The trial is already intensely politicised. The opposition Cumhuriyet Halk Partisi (Republican People’s Party / CHP) leadership insists that the case has essentially been engineered by the ruling Adalet ve Kalkinma Partisi (Justice & Development Party / AKP) government as a means to persecute its opponents. A number of detentions relating to the investigation made since the trial began - such as (on 26 October) those of another four Ergenekon suspects who had been working for the TV station Kanalturk, a formerly anti-government channel bought by a pro-AKP group in early 2008 - which could further complicate the process. Furthermore, Turkey’s judges are notoriously susceptible to pressure. Unless it is brought prematurely to a halt, the trial is likely to take years to complete, with the result that the public’s attention will gradually wane.
A particular weakness of the indictment is its failure to incorporate - thus far - the diaries of a former Turkish navy commander that were published in the journal Nokta in March 2007 (an act which provoked the magazine’s closure). These included details of coup plots in 2003 and 2004 against the AKP government. It seems likely that the Ergenekon hearings will put the cases of two retired generals arrested in connection with the plots - former gendarmerie head Sener Eruygur and retired general Hursit Tolon - on a slow track.
A number of senior serving officers implicated in the plots have not been arrested, and the military top-brass have declared that the diary contents will be the subject of an internal military investigation - where the jurisdiction of civilian law does not apply. This has attracted considerable criticism in Turkey’s increasingly outspoken media, although AKP government ministers have not seen fit to comment. The suspicion is growing in Turkey that the Ergenekon investigation will not dare stray in the direction of the military, or at any rate of its upper echelons.
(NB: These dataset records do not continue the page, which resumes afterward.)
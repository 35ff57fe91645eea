-- ===== src/History/Updates.antt =====
-- The sums over all clients, and how far a call of `update` gets.
use mathlib.Core.Option.{none-ne-some}
use botex.Prelude.{
  ℕ, ◌+◌, ◌≡◌, ◌⊎◌, inl, inr, refl, sym, ◌∙◌, String, Option, none, some, Option-cases, Bool, subst,
  not, List, [], ◌∷◌, ◌++◌, arith, ltb, if◌then◌else◌, Bool-cases, sum_of, count_if, lookup,
  lookup-insert, str_eq, eq_iff,
}
use botex.Data.{Bytes, IpStats}
use botex.Float64.{Float64}
use botex.MapWindow.{Clock}
use botex.Store.Prefix.{bytes_eq}
use botex.IpData.{Env, IpData, Updated}
use botex.IpData
use botex.History.{
  Net, History, Effects, Changed, no_stats, sum_clients, total_stats, take_update, update_one,
  update_from, put_client, note_if,
}

abbrev pub Entry : Type 0 → Type 0 → Type 0 → Type 0 → Type 0
Entry M A G F = String × IpData M A G F

-- A client with a name, or one that is being looked up.
abbrev pub is_named : {M A G F : Type 0} → Entry M A G F → Bool
is_named e = not (bytes_eq e.1.details.hostname [])

module _ {M A G F : Type 0} (fl : Float64 F) where
  sum_clients_lem :
      (es : List (Entry M A G F)) (st : IpStats A F Bytes)
      → let r = sum_clients fl es st in
        (r.total ≡ st.total + sum_of (λ (e : Entry M A G F). e.1.details.total) es)
        × (r.app ≡ st.app + sum_of (λ (e : Entry M A G F). e.1.details.app) es)
        × (r.other ≡ st.other + sum_of (λ (e : Entry M A G F). e.1.details.other) es)
        × (r.with_hostname ≡ st.with_hostname + count_if is_named es)
  unfolding sum_clients
  sum_clients_lem [] st = (omega arith, omega arith, omega arith, omega arith)
  sum_clients_lem ((key, ipd) ∷ es) st =
      let (t, a, o, w) = sum_clients_lem es _ in
      (
        omega (arith, t),
        omega (arith, a),
        omega (arith, o),
        w ∙ elim (Bool-cases (bytes_eq ipd.details.hostname [])) [
          | inl e ↦ rw e (omega arith)
          | inr e ↦ rw e (omega arith)
        ],
      )

  -- TotalStats: the sums over all clients, the number of those whose name is not empty, and the
  -- ratio of the first two sums.
  pub total_stats_lem :
      {W : Type 0} (h : History M W A G F)
      → let r = total_stats fl h in
        (r.total ≡ sum_of (λ (e : Entry M A G F). e.1.details.total) h.clients)
        × (r.app ≡ sum_of (λ (e : Entry M A G F). e.1.details.app) h.clients)
        × (r.other ≡ sum_of (λ (e : Entry M A G F). e.1.details.other) h.clients)
        × (r.with_hostname ≡ count_if is_named h.clients)
        × (r.ratio ≡ fl.div (fl.of_int r.app) (fl.of_int r.total))
  unfolding total_stats
  total_stats_lem h =
      let (t, a, o, w) = sum_clients_lem h.clients (no_stats fl) in
      (omega (arith, t), omega (arith, a), omega (arith, o), omega (arith, w), refl)

module _ {M W R N A G F : Type 0} (env : Env R N A F) (net : Net A G) where
  -- The address is not known, or the statistics have no request.
  abbrev pub Stops : IpStats A F Bytes → History M W A G F → Type 0
  Stops st h = (lookup (net.ip_string st.ip) h.clients ≡ none) ⊎ (st.total ≡ 0)

  update_one-Stops :
      (force : Bool) (clock : Clock) (st : IpStats A F Bytes) (h : History M W A G F)
      (effects : Effects)
      → Stops st h
      → update_one env net force clock st h effects ≡ none
  unfolding update_one
  update_one-Stops force clock st h effects (inl e) = rw (e, update_one) refl
  update_one-Stops force clock st h effects (inr e) =
      elim (Option-cases (lookup (net.ip_string st.ip) h.clients)) [
        | inl f ↦ rw (f, update_one) refl
        | inr (ipd, f) ↦ rw (f, update_one) (no_requests _ st.total e)
      ]
    where
      no_requests :
          {X : Type 0} → (x : X) → (n : ℕ) → n ≡ 0 → (if ltb 0 n then some x else none) ≡ none
      no_requests x n z = rw z refl

  put_client-unknown :
      (h : History M W A G F) (key k : String) (old ipd : IpData M A G F)
      → lookup k h.clients ≡ some old
      → lookup key h.clients ≡ none
      → lookup key (put_client h k ipd).clients ≡ none
  put_client-unknown h key k old ipd there gone = elim (Bool-cases (str_eq k key)) [
    | inl e ↦
        let same : k ≡ key = (eq_iff k key).0 e in
        let k : ◌≡◌ {A = Option (IpData M A G F)} (some old) none =
          sym there ∙ rw (sym same) at gone in
        cc
    | inr e ↦ lookup-insert k key ipd h.clients ∙ rw (e) gone
  ]

  take_update-unknown :
      (h : History M W A G F) (effects : Effects) (ip : Bytes) (old : IpData M A G F)
      (result : Option (Updated M A G F)) (c : Changed M W A G F) (key : String)
      → lookup (net.ip_string ip) h.clients ≡ some old
      → take_update env net h effects ip result ≡ some c
      → lookup key h.clients ≡ none
      → lookup key c.history.clients ≡ none
  unfolding take_update
  take_update-unknown h effects ip old none c key there run gone = absurd (none-ne-some c run)
  take_update-unknown h effects ip old (some u) c key there run gone =
      let same : ◌≡◌ {A = Changed M W A G F}
          record {
            history = put_client h (net.ip_string ip) u.ipd;
            effects = record {
              blocks = note_if u.sent ip effects.blocks;
              lookups = note_if u.resolves ip effects.lookups;
            };
          }
          c =
        cc in
      subst (λ c. lookup key c.history.clients ≡ none) same
        (put_client-unknown h key (net.ip_string ip) old u.ipd there gone)

  update_one-unknown :
      (force : Bool) (clock : Clock) (x : IpStats A F Bytes) (h : History M W A G F)
      (effects : Effects) (c : Changed M W A G F) (key : String)
      → update_one env net force clock x h effects ≡ some (some c)
      → lookup key h.clients ≡ none
      → lookup key c.history.clients ≡ none
  unfolding update_one take_update
  update_one-unknown force clock x h effects c key run gone =
      elim (Option-cases (lookup (net.ip_string x.ip) h.clients)) [
        | inl e ↦
            let k : ◌≡◌ {A = Option (Option (Changed M W A G F))} none (some (some c)) =
              rw (e, update_one) at run in
            cc
        | inr (ipd, e) ↦ elim (Bool-cases (ltb 0 x.total)) [
          | inl f ↦
              let k : ◌≡◌ {A = Option (Option (Changed M W A G F))}
                  (some (take_update env net h effects x.ip (IpData.update env force clock x ipd)))
                  (some (some c)) =
                rw f at (rw (e, update_one) at run) in
              take_update-unknown h effects x.ip ipd (IpData.update env force clock x ipd) c key e
                (cc) gone
          | inr f ↦
              let k : ◌≡◌ {A = Option (Option (Changed M W A G F))} none (some (some c)) =
                rw f at (rw (e, update_one) at run) in
              cc
        ]
      ]

  -- update: the first client that is not known, or whose statistics have no request, ends the call;
  -- what comes after it in the list changes nothing and has no effect.
  pub update_from-Stops :
      (force : Bool) (clock : Clock) (xs : List (IpStats A F Bytes)) (st : IpStats A F Bytes)
      (ys : List (IpStats A F Bytes)) (h : History M W A G F) (effects : Effects)
      → Stops st h
      → update_from env net force clock (xs ++ st ∷ ys) h effects
        ≡ update_from env net force clock xs h effects
  unfolding update_from
  update_from-Stops force clock [] st ys h effects stops =
      rw (update_one-Stops force clock st h effects stops, update_from) refl
  update_from-Stops force clock (x ∷ xs) st ys h effects stops =
      elim (Option-cases (update_one env net force clock x h effects)) [
        | inl e ↦ rw (e, update_from) refl
        | inr (none, e) ↦ rw (e, update_from) refl
        | inr (some c, e) ↦
            rw (e, update_from)
              (update_from-Stops force (λ i. clock (i + 2)) xs st ys c.history c.effects
                (still c e stops))
      ]
    where
      still :
          (c : Changed M W A G F)
          → update_one env net force clock x h effects ≡ some (some c)
          → Stops st h
          → Stops st c.history
      still c e (inl gone) = inl (update_one-unknown force clock x h effects c _ e gone)
      still c e (inr z) = inr z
True, the success or otherwise of the Ergenekon trial in bringing justice to the guilty may not be the only criteria against which it will be measured. Turks have long been convinced of the existence of a “deep state”, or of “a state within the state”, that enjoys immunity and that bears responsibility for many of Turkey’s long catalogue of unresolved political assassinations, death- threats and other politically-charged incidents (see “Turkey’s Dark Side: Party closures, conspiracies and the future of democracy”, European Stability Initiative, April 2008).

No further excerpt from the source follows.